The number of reported neurological complications of SARS-CoV-2 virus infections is rapidly increasing. There are reports of probable direct neuro-invasive as well as parainfectious neurological complications. The spectrum of associated acute neurological diseases includes smell and taste alterations, headache, encephalopathy or encephalitis and meningitis. Additionally, there are several reports of cranial or peripheral nerve diseases such as Miller-Fisher and Guillain-Barré syndrome. Far more common are reports of thromboembolic complications due to SARS-CoV-2 virus infections such as stroke and sinus venous thrombosis. Direct muscle involvement, e.g., myositis or myopathy has not yet been shown. To our knowledge, the only muscular complication in Covid-19 published is the occurrence of CIM in patients treated on intensive care units (Tankisi et al., 2020). CIM is a primary and acquired myopathy that can develop as a sequelae of intensive care treatment (Z'Graggen and Tankisi, 2020). Although the exact etiology is not known in detail, it is well accepted that CIM does not have an infectious cause. One diagnostic hall mark of CIM is a preferential loss of myosin filaments.

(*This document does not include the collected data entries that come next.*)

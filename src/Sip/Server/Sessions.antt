-- ===== src/Sip/Server/Sessions.antt =====
-- internal/sip/sip_handler.go: the sessions beside the ports and the stored calls.
use tele_portal.Call.Manager.{ActiveCall}
use tele_portal.Common.{
  Bool-cases, List, [], ap, arith, false, inl, inr, length, refl, some, subst, suc, sym, true, ℕ,
  ◌==◌, ◌∙◌, ◌∷◌, ◌≡◌,
}
use tele_portal.Common.Maps.{IsMap, Map, delete, delete-absent, lookup, size, some-inj, some-none}
use tele_portal.Common.Text.{Text, same_text, same_text_refl, same_text→eq}
use tele_portal.Rtp.Ports.{forget, in_use}
use tele_portal.Rtp.Ports.Histories.{Distinct}
use tele_portal.Sip.Server.{Session, drop_session, find_session, update_session}

abbrev pub port_of : Session → ℕ
port_of s = s.port

abbrev pub entry_of : Session → Text × ActiveCall
entry_of s = (s.call.call_id, s.call)

abbrev pub ports_of : List Session → List ℕ
ports_of [] = []
ports_of (s ∷ ss) = s.port ∷ ports_of ss

abbrev pub entries_of : List Session → Map ActiveCall
entries_of [] = []
entries_of (s ∷ ss) = entry_of s ∷ entries_of ss

-- What a session that is found has is there.
pub find-in_use :
    (h : ℕ) (ss : List Session) (s : Session)
    → find_session h ss ≡ some s
    → in_use s.port (ports_of ss) ≡ true
unfolding find_session in_use
find-in_use h [] s e = cc
find-in_use h (x ∷ ss) s e = elim (Bool-cases (h == x.handle)) [
  | inl g ↦ ground (arith, g, e)
  | inr g ↦ ground (arith, g, e, find-in_use h ss s)
]

pub find-lookup :
    (h : ℕ) (ss : List Session) (s : Session)
    → IsMap (entries_of ss)
    → find_session h ss ≡ some s
    → lookup s.call.call_id (entries_of ss) ≡ some s.call
unfolding find_session lookup IsMap
find-lookup h [] s v e = absurd (some-none (sym e))
find-lookup h (x ∷ ss) s v e = elim (Bool-cases (h == x.handle)) [
  | inl g ↦
      subst (λ y. lookup y.call.call_id (entries_of (x ∷ ss)) ≡ some y.call)
        (some-inj (rw (g, find_session) at e)) (rw (same_text_refl x.call.call_id) refl)
  | inr g ↦ elim (Bool-cases (same_text s.call.call_id x.call.call_id)) [
    | inr k ↦ rw k (find-lookup h ss s v.1 (rw (g, find_session) at e))
    | inl k ↦ absurd (
        some-none (
          sym (find-lookup h ss s v.1 (rw (g, find_session) at e))
          ∙ ap (λ y. lookup y (entries_of ss)) (same_text→eq s.call.call_id x.call.call_id k)
          ∙ v.0))
  ]
]

pub forget-absent : (p : ℕ) (ps : List ℕ) → in_use p ps ≡ false → forget p ps ≡ ps
unfolding in_use forget
forget-absent p [] e = refl
forget-absent p (x ∷ ps) e = ground (arith, forget-absent p ps)

pub forget-drop :
    (h : ℕ) (ss : List Session) (s : Session)
    → Distinct (ports_of ss)
    → find_session h ss ≡ some s
    → forget s.port (ports_of ss) ≡ ports_of (drop_session h ss)
unfolding find_session drop_session forget
forget-drop h [] s d e = absurd (some-none (sym e))
forget-drop h (x ∷ ss) s d e = elim (Bool-cases (h == x.handle)) [
  | inl g ↦
      subst (λ y. forget y.port (ports_of (x ∷ ss)) ≡ ports_of (drop_session h (x ∷ ss)))
        (some-inj (rw (g, find_session) at e))
        (ground (arith, g, d.0, forget-absent x.port (ports_of ss)))
  | inr g ↦ ground (
    arith,
    g,
    d.0,
    find-in_use h ss s (rw (g, find_session) at e),
    forget-drop h ss s d.1 (rw (g, find_session) at e),
  )
]

-- The map without the entry of a session is the map of the other sessions.
pub delete-drop :
    (h : ℕ) (ss : List Session) (s : Session)
    → IsMap (entries_of ss)
    → find_session h ss ≡ some s
    → delete s.call.call_id (entries_of ss) ≡ entries_of (drop_session h ss)
unfolding find_session drop_session delete IsMap
delete-drop h [] s v e = absurd (some-none (sym e))
delete-drop h (x ∷ ss) s v e = elim (Bool-cases (h == x.handle)) [
  | inl g ↦
      subst
        (λ y. delete y.call.call_id (entries_of (x ∷ ss)) ≡ entries_of (drop_session h (x ∷ ss)))
        (some-inj (rw (g, find_session) at e))
        (rw (g, same_text_refl x.call.call_id) (delete-absent x.call.call_id (entries_of ss) v.0))
  | inr g ↦ elim (Bool-cases (same_text s.call.call_id x.call.call_id)) [
    | inr k ↦
        rw (g, k) (ap (λ l. entry_of x ∷ l) (delete-drop h ss s v.1 (rw (g, find_session) at e)))
    | inl k ↦ absurd (
        some-none (
          sym (find-lookup h ss s v.1 (rw (g, find_session) at e))
          ∙ ap (λ y. lookup y (entries_of ss)) (same_text→eq s.call.call_id x.call.call_id k)
          ∙ v.0))
  ]
]

pub length-drop_session :
    (h : ℕ) (ss : List Session) (s : Session)
    → find_session h ss ≡ some s
    → suc (length (drop_session h ss)) ≡ length ss
unfolding find_session drop_session
length-drop_session h [] s e = absurd (some-none (sym e))
length-drop_session h (x ∷ ss) s e = elim (Bool-cases (h == x.handle)) [
  | inl g ↦ rw g refl
  | inr g ↦ rw g (ap suc (length-drop_session h ss s (rw (g, find_session) at e)))
]

-- An update that keeps port and call of every session keeps the lists.
pub update-ports :
    (h : ℕ) (f : Session → Session) (ss : List Session)
    → ((s : Session) → (f s).port ≡ s.port)
    → ports_of (update_session h f ss) ≡ ports_of ss
unfolding update_session
update-ports h f [] same = refl
update-ports h f (x ∷ ss) same = elim (Bool-cases (h == x.handle)) [
  | inl g ↦ rw g (ap (λ p. p ∷ ports_of ss) (same x))
  | inr g ↦ rw g (ap (λ l. x.port ∷ l) (update-ports h f ss same))
]

pub update-entries :
    (h : ℕ) (f : Session → Session) (ss : List Session)
    → ((s : Session) → (f s).call ≡ s.call)
    → entries_of (update_session h f ss) ≡ entries_of ss
unfolding update_session
update-entries h f [] same = refl
update-entries h f (x ∷ ss) same = elim (Bool-cases (h == x.handle)) [
  | inl g ↦ rw g (ap (λ c. (c.call_id, c) ∷ entries_of ss) (same x))
  | inr g ↦ rw g (ap (λ l. entry_of x ∷ l) (update-entries h f ss same))
]

pub length-entries_of : (ss : List Session) → size (entries_of ss) ≡ length ss
unfolding size
length-entries_of [] = refl
length-entries_of (s ∷ ss) = ap suc (length-entries_of ss)

pub forget-head : (p : ℕ) (ps : List ℕ) → in_use p ps ≡ false → forget p (p ∷ ps) ≡ ps
unfolding forget
forget-head p ps e = ground (arith, forget-absent p ps)

pub length-update_session :
    (h : ℕ) (f : Session → Session) (ss : List Session) → length (update_session h f ss) ≡ length ss
unfolding update_session
length-update_session h f [] = refl
length-update_session h f (x ∷ ss) = elim (Bool-cases (h == x.handle)) [
  | inl g ↦ rw g refl
  | inr g ↦ rw g (ap suc (length-update_session h f ss))
]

The patient here described had a mild disease course involving fever, fatigue, headache, and loss of smell and taste over a period of 8 days, without the need of hospitalization at any time. Nevertheless, as a consequence she developed prominent muscle fatigue and exercise intolerance, which only gradually improved to normal levels. MVRC recordings 3 weeks after the onset of Covid-19 symptoms showed compared to an earlier recording a marked reduction of early supernormality as a sign of muscle membrane depolarization. Similar MVRC changes have been described e.g., in CIM and uremic myopathy (Z'Graggen and Tankisi, 2020). EMG and nerve conduction studies were within normal limits. Muscle biopsy revealed a low myosin:actin ratio as a sign of an underlying loss of myosin filaments, confirming a primary myopathy as the probable cause of her complaints. Although there are obvious parallels between the reported findings in this patient and those typical of CIM, the patient never suffered from severe acute illness and did not require intensive care treatment. Consequently, the findings have to be attributed to different pathophysiological mechanisms than those suggested in CIM. We hypothesize that the observed muscle membrane potential change and the loss of myosin as a sign of concomitant structural alterations in a patient with an apparently mild disease course of Covid-19 may be attributed to either a direct muscular SARS-CoV-2 virus affection or a parainfectious muscular complication. Muscular involvement in Covid-19 may therefore play an important role for development of long-Covid. As the symptoms of long-Covid often have a considerable impact on the patients’ quality of life and occupational performance, and often affect young people with an initially mild disease course, further research into the pathology of long-Covid is urgently needed to increase our understanding of this complex disease and ultimately improve treatment strategies.

Declaration of Competing Interest

The authors declare that they have no known competing financial interests or personal relationships that could have appeared to influence the work reported in this paper.